A patient’s symptoms will depend on two things: Where the stroke occurs in the brain, and the extent of the damage.

In Bennitt’s case, a segment of internal carotid artery in his neck was almost completely closed up, said Jay Morrow, MD, a neurointerventional and interventional radiologist at Spectrum Health. On the right side of Bennitt’s head, a segment of internal carotid artery was entirely occluded, as was the middle cerebral artery.

When the clot broke off and tumbled into his brain and blocked an artery, Bennitt was in deadly danger from ischemic stroke.

Millions of his brain cells could die each minute. And once gone, there was no getting them back.

In such moments, speed is critical.

Bennitt was fortunate. The breakfast crowd at the Red Rock Grille knew what was happening and they got an ambulance there quickly.

And when he arrived at Spectrum Health Butterworth Hospital, doctors were quick to use a relatively new stroke treatment involving a device called Solitaire.

The procedure doesn’t just dissolve a brain-killing clot—it removes it altogether.

The FDA approved it in 2012, and Dr. Morrow used it at Spectrum Health later that same year.

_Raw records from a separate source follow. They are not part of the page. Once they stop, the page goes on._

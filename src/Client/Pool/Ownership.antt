-- ===== src/Client/Pool/Ownership.antt =====
-- pkg/client/pool.go: every connection has one owner.
use warp_stream.Base.{
  ℕ, ◌≡◌, refl, ap, subst, [], ◌∷◌, length, length-append, ltb, if◌then◌else◌, arith, Bool-cases,
  inl, inr,
}
use warp_stream.Client.Pool.{
  draining, Pool, new_connection_pool, Maintain, starts_dial, dial_failed, dialed, added,
  found_full, found_cancelled, stops, Get, enters, takes, dials, gives_up, gives, refuses, Close,
  begins, waited, drains, returns, Step, maintain, get, close, Reach, here, next_step,
}
use warp_stream.Client.Pool.Places.{
  count, count-append, count-held, places, Progress, Progress_kept, PoolInv,
}

new-PoolInv : (min_idle : ℕ) → PoolInv min_idle (new_connection_pool min_idle)
unfolding new_connection_pool count
new-PoolInv min_idle = record {
  capacity = refl;
  bounded = omega arith;
  owned = λ i. start i;
  same = refl;
  progress = refl;
}
  where
    start : (i : ℕ) → places i (new_connection_pool min_idle) ≡ (if ltb i 0 then 1 else 0)
    start i = elim (Bool-cases (ltb 0 min_idle)) [
      | inl e ↦ rw e (ground arith)
      | inr e ↦ rw e (ground arith)
    ]

module _ {min_idle : ℕ} {p : Pool} (v : PoolInv min_idle p) where
  Maintain-PoolInv : {q : Pool} → Maintain p q → PoolInv min_idle q
  unfolding count
  Maintain-PoolInv (starts_dial e room live) = record {
    capacity = v.capacity;
    bounded = v.bounded;
    owned = λ i. omega (arith, v.owned i, count-held i e);
    same = v.same;
    progress = Progress_kept p.closer p _ refl (λ s. cc) (λ s h. h) v.progress;
  }
  Maintain-PoolInv (dial_failed e) = record {
    capacity = v.capacity;
    bounded = v.bounded;
    owned = λ i. omega (arith, v.owned i, count-held i e);
    same = v.same;
    progress = Progress_kept p.closer p _ refl (λ s. cc) (λ s h. h) v.progress;
  }
  Maintain-PoolInv (dialed e) = record {
    capacity = v.capacity;
    bounded = v.bounded;
    owned = λ i. ground (arith, v.owned i, count-held i e);
    same = v.same;
    progress = Progress_kept p.closer p _ refl (λ s. cc) (λ s h. h) v.progress;
  }
  Maintain-PoolInv (added c e room) = record {
    capacity = v.capacity;
    bounded = omega (arith, v.capacity, length-append p.conns (c ∷ []));
    owned = λ i. omega (arith, v.owned i, count-held i e, count-append i p.conns (c ∷ []));
    same = v.same;
    progress = Progress_kept p.closer p _ refl (λ s. cc) (λ s h. cc) v.progress;
  }
  Maintain-PoolInv (found_full c e full live) = record {
    capacity = v.capacity;
    bounded = v.bounded;
    owned = λ i. omega (arith, v.owned i, count-held i e);
    same = v.same;
    progress = Progress_kept p.closer p _ refl (λ s. cc) (λ s h. h) v.progress;
  }
  Maintain-PoolInv (found_cancelled c e stop) = record {
    capacity = v.capacity;
    bounded = v.bounded;
    owned = λ i. omega (arith, v.owned i, count-held i e);
    same = v.same;
    progress = Progress_kept p.closer p _ refl (λ s. refl) (λ s h. h) v.progress;
  }
  Maintain-PoolInv (stops e stop) = record {
    capacity = v.capacity;
    bounded = v.bounded;
    owned = λ i. omega (arith, v.owned i, count-held i e);
    same = v.same;
    progress = Progress_kept p.closer p _ refl (λ s. refl) (λ s h. h) v.progress;
  }

  Get-PoolInv : {q : Pool} → Get p q → PoolInv min_idle q
  unfolding count
  Get-PoolInv (enters live) = record {
    capacity = v.capacity;
    bounded = v.bounded;
    owned = v.owned;
    same = v.same;
    progress = Progress_kept p.closer p _ refl (λ s. s) (λ s h. h) v.progress;
  }
  Get-PoolInv (takes n c cs one e) = record {
    capacity = v.capacity;
    bounded = omega (arith, v.bounded, ap length e);
    owned = λ i. omega (arith, v.owned i, ap (count i) e);
    same = v.same;
    progress = Progress_kept p.closer p _ refl (λ s. s) (λ s h. cc) v.progress;
  }
  Get-PoolInv (dials n one) = record {
    capacity = v.capacity;
    bounded = v.bounded;
    owned = λ i. ground (arith, v.owned i);
    same = v.same;
    progress = Progress_kept p.closer p _ refl (λ s. s) (λ s h. h) v.progress;
  }
  Get-PoolInv (gives_up n one) = record {
    capacity = v.capacity;
    bounded = v.bounded;
    owned = v.owned;
    same = v.same;
    progress = Progress_kept p.closer p _ refl (λ s. s) (λ s h. h) v.progress;
  }
  Get-PoolInv (gives before after c e live) = record {
    capacity = v.capacity;
    bounded = v.bounded;
    owned = λ i. omega (
      arith,
      v.owned i,
      ap (count i) e,
      count-append i before (c ∷ after),
      count-append i before after,
    );
    same = v.same;
    progress = Progress_kept p.closer p _ refl (λ s. s) (λ s h. h) v.progress;
  }
  Get-PoolInv (refuses before after c e stop) = record {
    capacity = v.capacity;
    bounded = v.bounded;
    owned = λ i. omega (
      arith,
      v.owned i,
      ap (count i) e,
      count-append i before (c ∷ after),
      count-append i before after,
    );
    same = v.same;
    progress = Progress_kept p.closer p _ refl (λ s. s) (λ s h. h) v.progress;
  }

  Close-PoolInv : {q : Pool} → Close p q → PoolInv min_idle q
  unfolding count
  Close-PoolInv (begins e) = record {
    capacity = v.capacity;
    bounded = v.bounded;
    owned = v.owned;
    same = refl;
    progress = refl;
  }
  Close-PoolInv (waited e over) = record {
    capacity = v.capacity;
    bounded = v.bounded;
    owned = v.owned;
    same = v.same;
    progress = (subst (λ k. Progress k p) e v.progress, over);
  }
  Close-PoolInv (drains c cs e left) = record {
    capacity = v.capacity;
    bounded = omega (arith, v.bounded, ap length left);
    owned = λ i. omega (arith, v.owned i, ap (count i) left);
    same = v.same;
    progress = Progress_kept p.closer p _ refl (λ s. s) (λ s h. cc) v.progress;
  }
  Close-PoolInv (returns e none_left) =
      let h : Progress draining p = subst (λ k. Progress k p) e v.progress in
      record {
        capacity = v.capacity;
        bounded = v.bounded;
        owned = v.owned;
        same = v.same;
        progress = (h.0, h.1, none_left);
      }

  step-PoolInv : {q : Pool} → Step p q → PoolInv min_idle q
  step-PoolInv (maintain m) = Maintain-PoolInv m
  step-PoolInv (get g) = Get-PoolInv g
  step-PoolInv (close c) = Close-PoolInv c

-- In every interleaving of the goroutine that fills the pool, calls of Get and Close: at most the
-- configured number of connections is idle; every connection that was dialled is in just one place, the
-- pool, a goroutine's hands, a caller's, or closed, so that none is lost, given out twice, or closed and
-- given out; and once Close has returned the pool is empty and stays so, and nobody fills it.
pub Reach-PoolInv :
    (min_idle : ℕ) {p : Pool} → Reach (new_connection_pool min_idle) p → PoolInv min_idle p
Reach-PoolInv min_idle here = new-PoolInv min_idle
Reach-PoolInv min_idle (next_step r st) = step-PoolInv (Reach-PoolInv min_idle r) st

He was, in fact, the first physician to use the procedure in West Michigan.

“I’ve been using Solitaire for four years at Spectrum Health with good results,” Dr. Morrow said. “It has been just a little over a year that landmark studies were published in prominent medical journals, which prove the effectiveness of endovascular ischemic stroke treatment.”

Previously, and in many cases still, drugs alone are used to dissolve a clot. This new procedure, using a device known as a stent retriever, physically removes the clot.

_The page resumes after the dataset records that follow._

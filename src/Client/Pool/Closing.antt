-- ===== src/Client/Pool/Closing.antt =====
-- pkg/client/pool.go: Close comes to its end.
use warp_stream.Base.{◌≡◌, refl, ◌∙◌, sym, true, List, [], ◌∷◌, ℕ}
use warp_stream.Client.Pool.{
  Maintainer, looking, dialing, stopped, holding, Closer, not_called, waiting, draining, returned,
  Pool, new_connection_pool, dial_failed, found_cancelled, stops, waited, drains, returns, Step,
  maintain, close, Reach, here, next_step,
}
use warp_stream.Client.Pool.Places.{Progress}
use warp_stream.Client.Pool.Ownership.{Reach-PoolInv}

Reach-trans : {p q r : Pool} → Reach p q → Reach q r → Reach p r
Reach-trans r here = r
Reach-trans r (next_step s st) = next_step (Reach-trans r s) st

-- A state that is reached and in which Close has returned, with an empty pool.
abbrev pub Returns : Pool → Type 0
Returns p = (q : Pool) × Reach p q × (q.closer ≡ returned) × (q.conns ≡ [])

after : {p q : Pool} → Step p q → Returns q → Returns p
after st (r, steps, over, bare) = (r, Reach-trans (next_step here st) steps, over, bare)

drain : (cs : List ℕ) (p : Pool) → p.conns ≡ cs → p.closer ≡ draining → Returns p
drain [] p e k = (_, next_step here (close (returns k e)), refl, e)
drain (c ∷ cs) p e k =
    after (close (drains c cs k e)) (drain cs (record p { conns = cs; shut = c ∷ p.shut }) refl k)

from_stopped : (p : Pool) → p.maintainer ≡ stopped → p.closer ≡ waiting → Returns p
from_stopped p m k =
    after (close (waited k m)) (drain p.conns (record p { closer = draining }) refl refl)

from_looking :
    (p : Pool) → p.maintainer ≡ looking → p.cancelled ≡ true → p.closer ≡ waiting → Returns p
from_looking p m c k =
    after (maintain (stops m c)) (from_stopped (record p { maintainer = stopped }) refl k)

wait :
    (m : Maintainer) (p : Pool)
    → p.maintainer ≡ m
    → p.cancelled ≡ true
    → p.closer ≡ waiting
    → Returns p
wait stopped p e c k = from_stopped p e k
wait looking p e c k = from_looking p e c k
wait dialing p e c k =
    after (maintain (dial_failed e)) (from_looking (record p { maintainer = looking }) refl c k)
wait (holding i) p e c k =
    after (maintain (found_cancelled i e c))
      (from_stopped (record p { maintainer = stopped; shut = i ∷ p.shut }) refl k)

finish : (k : Closer) (p : Pool) → p.closer ≡ k → Progress k p → p.cancelled ≡ true → Returns p
finish not_called p e h c = cc
finish waiting p e h c = wait p.maintainer p refl c e
finish draining p e h c = drain p.conns p refl e
finish returned p e h c = (p, here, e, h.2)

-- From every state in which Close has been called, whatever the goroutine that fills the pool was about
-- to do and whoever else uses the pool, Close can go on until it has returned with the pool empty.
pub close_returns :
    (min_idle : ℕ) {p : Pool}
    → Reach (new_connection_pool min_idle) p
    → p.closed ≡ true
    → (q : Pool) × Reach p q × (q.closer ≡ returned) × (q.conns ≡ [])
close_returns min_idle {p} r c =
    let v = Reach-PoolInv min_idle r in finish p.closer p refl v.progress (sym v.same ∙ c)
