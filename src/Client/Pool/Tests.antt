-- ===== src/Client/Pool/Tests.antt =====
-- A pool of two connections.
use warp_stream.Base.{◌≡◌, refl, true, [], ◌∷◌, arith}
use warp_stream.Client.Pool.{
  Pool, looking, stopped, new_connection_pool, starts_dial, dialed, added, enters, takes, begins,
  Step, maintain, get, close, Reach, here, next_step, returned,
}
use warp_stream.Client.Pool.Places.{PoolInv}
use warp_stream.Client.Pool.Ownership.{Reach-PoolInv}
use warp_stream.Client.Pool.Closing.{close_returns}

-- One connection is dialled and added, a caller takes it, and Close begins.
abbrev closing_pool : Pool
closing_pool = record {
  min_idle = 2;
  conns = [];
  cancelled = true;
  closed = true;
  maintainer = looking;
  closer = warp_stream.Client.Pool.Closer.waiting;
  callers = 0;
  next = 1;
  in_get = 0 ∷ [];
  given = [];
  shut = [];
}

closing_reached : Reach (new_connection_pool 2) closing_pool
unfolding new_connection_pool
closing_reached =
    next_step
      (next_step
        (next_step
          (next_step
            (next_step (next_step here (maintain (starts_dial refl (omega arith) refl)))
              (maintain (dialed refl)))
            (maintain (added 0 refl (omega arith))))
          (get (enters refl)))
        (get (takes 0 0 [] refl refl)))
      (close (begins refl))

Reach-PoolInv_example : PoolInv 2 closing_pool
Reach-PoolInv_example = Reach-PoolInv 2 closing_reached

close_returns_example : (q : Pool) × Reach closing_pool q × (q.closer ≡ returned) × (q.conns ≡ [])
close_returns_example = close_returns 2 closing_reached refl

It’s done mechanically, with the doctor first inserting a guide wire and then a catheter into the patient’s artery, then inserting a device that feeds up and out of the catheter, where it then essentially enmeshes the clot and extracts it.

Throughout the procedure, the doctor and his team use fluoroscopic imaging to see inside the artery.

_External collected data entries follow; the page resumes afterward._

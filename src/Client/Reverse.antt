-- ===== src/Client/Reverse.antt =====
-- pkg/client/client.go: StartReverseTunnel. Each round of its endless loop is a function of what the
-- environment answers in it. Durations are nanoseconds, as the bit patterns of int64.
pub mod Backoff
use warp_stream.Base.{
  ℕ, ◌+◌, ◌*◌, ◌%◌, ◌^◌, Bool, ◌||◌, Option, none, some, is_some, List, [], ◌∷◌, ◌++◌, ◌==◌, ltb,
  if◌then◌else◌, Text,
}
use warp_stream.Base.Net.{join_host_port, decimal}
use warp_stream.Protocol.{
  LocalProtocol, LocalToRemote, JwtTunnelConfig, UnixProtocol, ReverseUnixProtocol,
}
use warp_stream.Server.Restrictions.{is_empty}
use warp_stream.Server.Dispatch.{second}

-- What happens in a round: does connectToTransport succeed; what readTargetFrame returns; the claims in
-- the Set-Cookie field of the response, if there is one and it can be read; does the dial succeed?
pub record Answers : Type 0 where
  pub connected : Bool
  pub target_frame : Option (Text × ℕ)
  pub cookie_claims : Option JwtTunnelConfig
  pub dial_ok : Bool

pub data Event : Type 0 where
  connect_failed : Event
  sleeps : ℕ → Event
  dials_unix dials_tcp : Text → Event
  pipes closes_stream : Event

unfoldable pub max_delay : ℕ → ℕ
max_delay configured = if configured == 0 then 10 * second else configured

-- `a > b` on int64.
unfoldable pub greater : ℕ → ℕ → Bool
greater a b = ltb ((b + 2 ^ 63) % 2 ^ 64) ((a + 2 ^ 63) % 2 ^ 64)

unfoldable pub next_delay : ℕ → ℕ → ℕ
next_delay limit delay =
    let doubled = delay * 2 % 2 ^ 64 in if greater doubled limit then limit else doubled

-- Where the tunnel leads to.
pub record Target : Type 0 where
  pub host : Text
  pub port : ℕ
  pub protocol : LocalProtocol

unfoldable pub is_dynamic : LocalProtocol → Bool
is_dynamic p = is_some p.reverse_socks5 || is_some p.reverse_http_proxy

abbrev pub own_target : LocalToRemote → Target
own_target ltr = record { host = ltr.remote; port = ltr.port; protocol = ltr.protocol }

unfoldable pub with_cookie : LocalToRemote → Option JwtTunnelConfig → Target
with_cookie ltr none = own_target ltr
with_cookie ltr (some claims) =
    if is_empty claims.remote
    then own_target ltr
    else record { host = claims.remote; port = claims.port; protocol = claims.protocol }

unfoldable pub with_frame : LocalToRemote → Option (Text × ℕ) → Option Target
with_frame ltr none = none
with_frame ltr (some (host, port)) =
    some (record { host = host; port = port; protocol = ltr.protocol })

unfoldable pub target_of : LocalToRemote → Answers → Option Target
target_of ltr a =
    if is_dynamic ltr.protocol
    then with_frame ltr a.target_frame
    else some (with_cookie ltr a.cookie_claims)

unfoldable pub dial_event : Option UnixProtocol → Option ReverseUnixProtocol → Target → Event
dial_event (some u) r t = dials_unix u.path
dial_event none (some r) t = dials_unix r.path
dial_event none none t = dials_tcp (join_host_port t.host (decimal t.port))

unfoldable pub dial : Target → Event
dial t = dial_event t.protocol.unix t.protocol.reverse_unix t

-- The rest of a round once the stream stands, with the delay one second.
unfoldable pub on_stream : Answers → Option Target → List Event
on_stream a none = closes_stream ∷ sleeps second ∷ []
on_stream a (some t) =
    dial t ∷ (if a.dial_ok then pipes ∷ closes_stream ∷ [] else closes_stream ∷ sleeps second ∷ [])

-- A round: what it does, and the delay that the next one starts with.
unfoldable pub reverse_round : ℕ → LocalToRemote → Answers → ℕ → List Event × ℕ
reverse_round limit ltr a delay =
    if a.connected
    then (on_stream a (target_of ltr a), second)
    else (connect_failed ∷ sleeps delay ∷ [], next_delay limit delay)

-- The rounds for as long as the environment answers.
unfoldable pub reverse_rounds : ℕ → LocalToRemote → List Answers → ℕ → List Event
reverse_rounds limit ltr [] delay = []
reverse_rounds limit ltr (a ∷ answers) delay =
    let (events, delay') = reverse_round limit ltr a delay in
    events ++ reverse_rounds limit ltr answers delay'

-- StartReverseTunnel.
unfoldable pub start_reverse_tunnel : ℕ → LocalToRemote → List Answers → List Event
start_reverse_tunnel configured ltr answers =
    reverse_rounds (max_delay configured) ltr answers second
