-- ===== src/Client/Reverse/Backoff.antt =====
-- pkg/client/client.go: how long StartReverseTunnel waits between two attempts.
use warp_stream.Base.{
  ℕ, zero, suc, ◌*◌, ◌^◌, ◌≤◌, ◌<◌, ◌≡◌, refl, ap, ◌∙◌, false, Option, none, some, List, [], ◌∷◌,
  min, All, All-append, replicate, arith, Bool-cases, inl, inr,
}
use warp_stream.Protocol.{LocalToRemote, UnixProtocol, ReverseUnixProtocol}
use warp_stream.Server.Dispatch.{second}
use warp_stream.Client.Reverse.{
  Answers, Event, connect_failed, sleeps, dials_unix, dials_tcp, pipes, closes_stream, max_delay,
  greater, next_delay, Target, target_of, dial, dial_event, on_stream, reverse_round,
  reverse_rounds, start_reverse_tunnel,
}

-- Every wait is at least a second and at most `limit`.
abbrev pub IsBounded : ℕ → Event → Type 0
IsBounded limit (sleeps d) = (second ≤ d) × (d ≤ limit)
IsBounded limit connect_failed = Unit {0}
IsBounded limit (dials_unix path) = Unit {0}
IsBounded limit (dials_tcp address) = Unit {0}
IsBounded limit pipes = Unit {0}
IsBounded limit closes_stream = Unit {0}

next_delay_lem :
    (limit delay : ℕ)
    → delay ≤ limit
    → limit < 2 ^ 62
    → next_delay limit delay ≡ min (2 * delay) limit
unfolding next_delay greater
next_delay_lem limit delay h hl = ground arith

dial_event-IsBounded :
    (limit : ℕ) (u : Option UnixProtocol) (r : Option ReverseUnixProtocol) (t : Target)
    → IsBounded limit (dial_event u r t)
unfolding dial_event
dial_event-IsBounded limit (some u) r t = tt
dial_event-IsBounded limit none (some r) t = tt
dial_event-IsBounded limit none none t = tt

dial-IsBounded : (limit : ℕ) (t : Target) → IsBounded limit (dial t)
unfolding dial
dial-IsBounded limit t = dial_event-IsBounded limit t.protocol.unix t.protocol.reverse_unix t

on_stream-IsBounded :
    (limit : ℕ) (a : Answers) (o : Option Target)
    → second ≤ limit
    → All (IsBounded limit) (on_stream a o)
unfolding on_stream
on_stream-IsBounded limit a none h = (tt, ((omega arith, h), tt))
on_stream-IsBounded limit a (some t) h = elim (Bool-cases a.dial_ok) [
  | inl e ↦ rw e (dial-IsBounded limit t, (tt, (tt, tt)))
  | inr e ↦ rw e (dial-IsBounded limit t, (tt, ((omega arith, h), tt)))
]

rounds-IsBounded :
    (limit delay : ℕ) (ltr : LocalToRemote) (answers : List Answers)
    → second ≤ limit
    → limit < 2 ^ 62
    → second ≤ delay
    → delay ≤ limit
    → All (IsBounded limit) (reverse_rounds limit ltr answers delay)
unfolding reverse_rounds reverse_round target_of on_stream
rounds-IsBounded limit delay ltr [] h hl hd hm = tt
rounds-IsBounded limit delay ltr (a ∷ answers) h hl hd hm = elim (Bool-cases a.connected) [
  | inl e ↦ rw e (
      All-append (IsBounded limit) (on_stream a (target_of ltr a))
        (reverse_rounds limit ltr answers second) (on_stream-IsBounded limit a (target_of ltr a) h)
        (rounds-IsBounded limit second ltr answers h hl (omega arith) h))
  | inr e ↦
      rw (e, next_delay_lem limit delay hm hl)
        (
          tt,
          (
            (hd, hm),
            rounds-IsBounded limit (min (2 * delay) limit) ltr answers h hl (omega arith)
                (omega arith),
          ),
        )
]

-- The waits behind `i` failures and more.
abbrev pub waits : ℕ → ℕ → ℕ → List Event
waits limit i zero = []
waits limit i (suc k) = connect_failed ∷ sleeps (min (2 ^ i * second) limit) ∷ waits limit (suc i) k

abbrev pub unreachable : Answers
unreachable = record {
  connected = false;
  target_frame = none;
  cookie_claims = none;
  dial_ok = false;
}

pow_suc : (i : ℕ) → 2 ^ suc i ≡ 2 * 2 ^ i
pow_suc i = omega arith

doubled :
    (i limit : ℕ) → min (2 * min (2 ^ i * second) limit) limit ≡ min (2 ^ suc i * second) limit
doubled i limit = omega (arith, pow_suc i)

rounds-unreachable :
    (limit i k : ℕ) (ltr : LocalToRemote)
    → limit < 2 ^ 62
    → reverse_rounds limit ltr (replicate k unreachable) (min (2 ^ i * second) limit)
      ≡ waits limit i k
unfolding reverse_rounds reverse_round target_of on_stream
rounds-unreachable limit i zero ltr hl = refl
rounds-unreachable limit i (suc k) ltr hl =
    rw (next_delay_lem limit (min (2 ^ i * second) limit) (omega arith) hl) (
      ap (λ (rest : List Event). connect_failed ∷ sleeps (min (2 ^ i * second) limit) ∷ rest)
        (ap (λ (d : ℕ). reverse_rounds limit ltr (replicate k unreachable) d) (doubled i limit)
          ∙ rounds-unreachable limit (suc i) k ltr hl))

-- With a configured maximum from one second to below 2 ^ 62 nanoseconds, or none, which means ten
-- seconds: whatever the environment answers, every wait of a reverse tunnel lies between one second and
-- the maximum; and while the server cannot be reached from the start on, the waits are 1, 2, 4 and so
-- on seconds, cut off at the maximum.
pub start_reverse_tunnel_backoff :
    (configured k : ℕ) (ltr : LocalToRemote) (answers : List Answers)
    → second ≤ max_delay configured
    → max_delay configured < 2 ^ 62
    → All (IsBounded (max_delay configured)) (start_reverse_tunnel configured ltr answers)
      × (start_reverse_tunnel configured ltr (replicate k unreachable)
          ≡ waits (max_delay configured) 0 k)
unfolding start_reverse_tunnel
start_reverse_tunnel_backoff configured k ltr answers h hl = (
  rounds-IsBounded (max_delay configured) second ltr answers h hl (omega arith) h,
  ap (λ (d : ℕ). reverse_rounds (max_delay configured) ltr (replicate k unreachable) d)
        (omega arith)
      ∙ rounds-unreachable (max_delay configured) 0 k ltr hl,
)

Bennitt is one of two patients who Dr. Morrow treated this past fall for ischemic stroke.

“These patients would have had large strokes that would carry greater than 50 percent mortality if left untreated,” Dr. Morrow said. “They are also the type of strokes for which intravenous (drugs) are largely ineffective.

“Today, both individuals are completely independent,” the doctor said. “It would be difficult to tell that the individuals even had a stroke.”

Symptom free

During a recent checkup at Spectrum Health, Bennitt wondered aloud at the “what ifs.”

He fought back tears and his breath grew ragged as he listened to a doctor tell him how close he came to disaster. Next to him sat his wife, Barbara, who reached out for his hand. His emotions are not all for himself.

Before the stroke, Bennitt drove a heavy truck for Nyblad Orchards in Kent City, Michigan. The morning of his stroke, he had planned to head to work after breakfast.

Plans change. He didn’t go to work. He no longer drives truck.

“What if this had happened while I was driving?” he wondered aloud.

There’s always plenty to think about afterward. Like this: What if he hadn’t received rapid treatment with a new procedure?

Some people recover from strokes, but more than two-thirds of survivors are left battling some type of disability.

To this day, Bennitt is symptom free. It’s likely due in large part to the quick use of the new procedure.

Spectrum Health’s approach to stroke treatment—stent retrieval, combined with medicine—has led to much better outcomes for patients, said Muhib Khan, MD, a vascular neurologist at Spectrum Health.

Clot removal is part of the new frontier in stroke treatment.

“We’ve had success treating strokes, previously with drugs and now with stent removal,” Dr. Khan said.

While the medical world can’t restore brain cells that have died—once they’re dead, they’re dead, Dr. Khan said—that doesn’t mean researchers aren’t trying.

That could be the next frontier for treatment.

“In the future, we would restore the cells and limit permanent damage,” Dr. Khan said.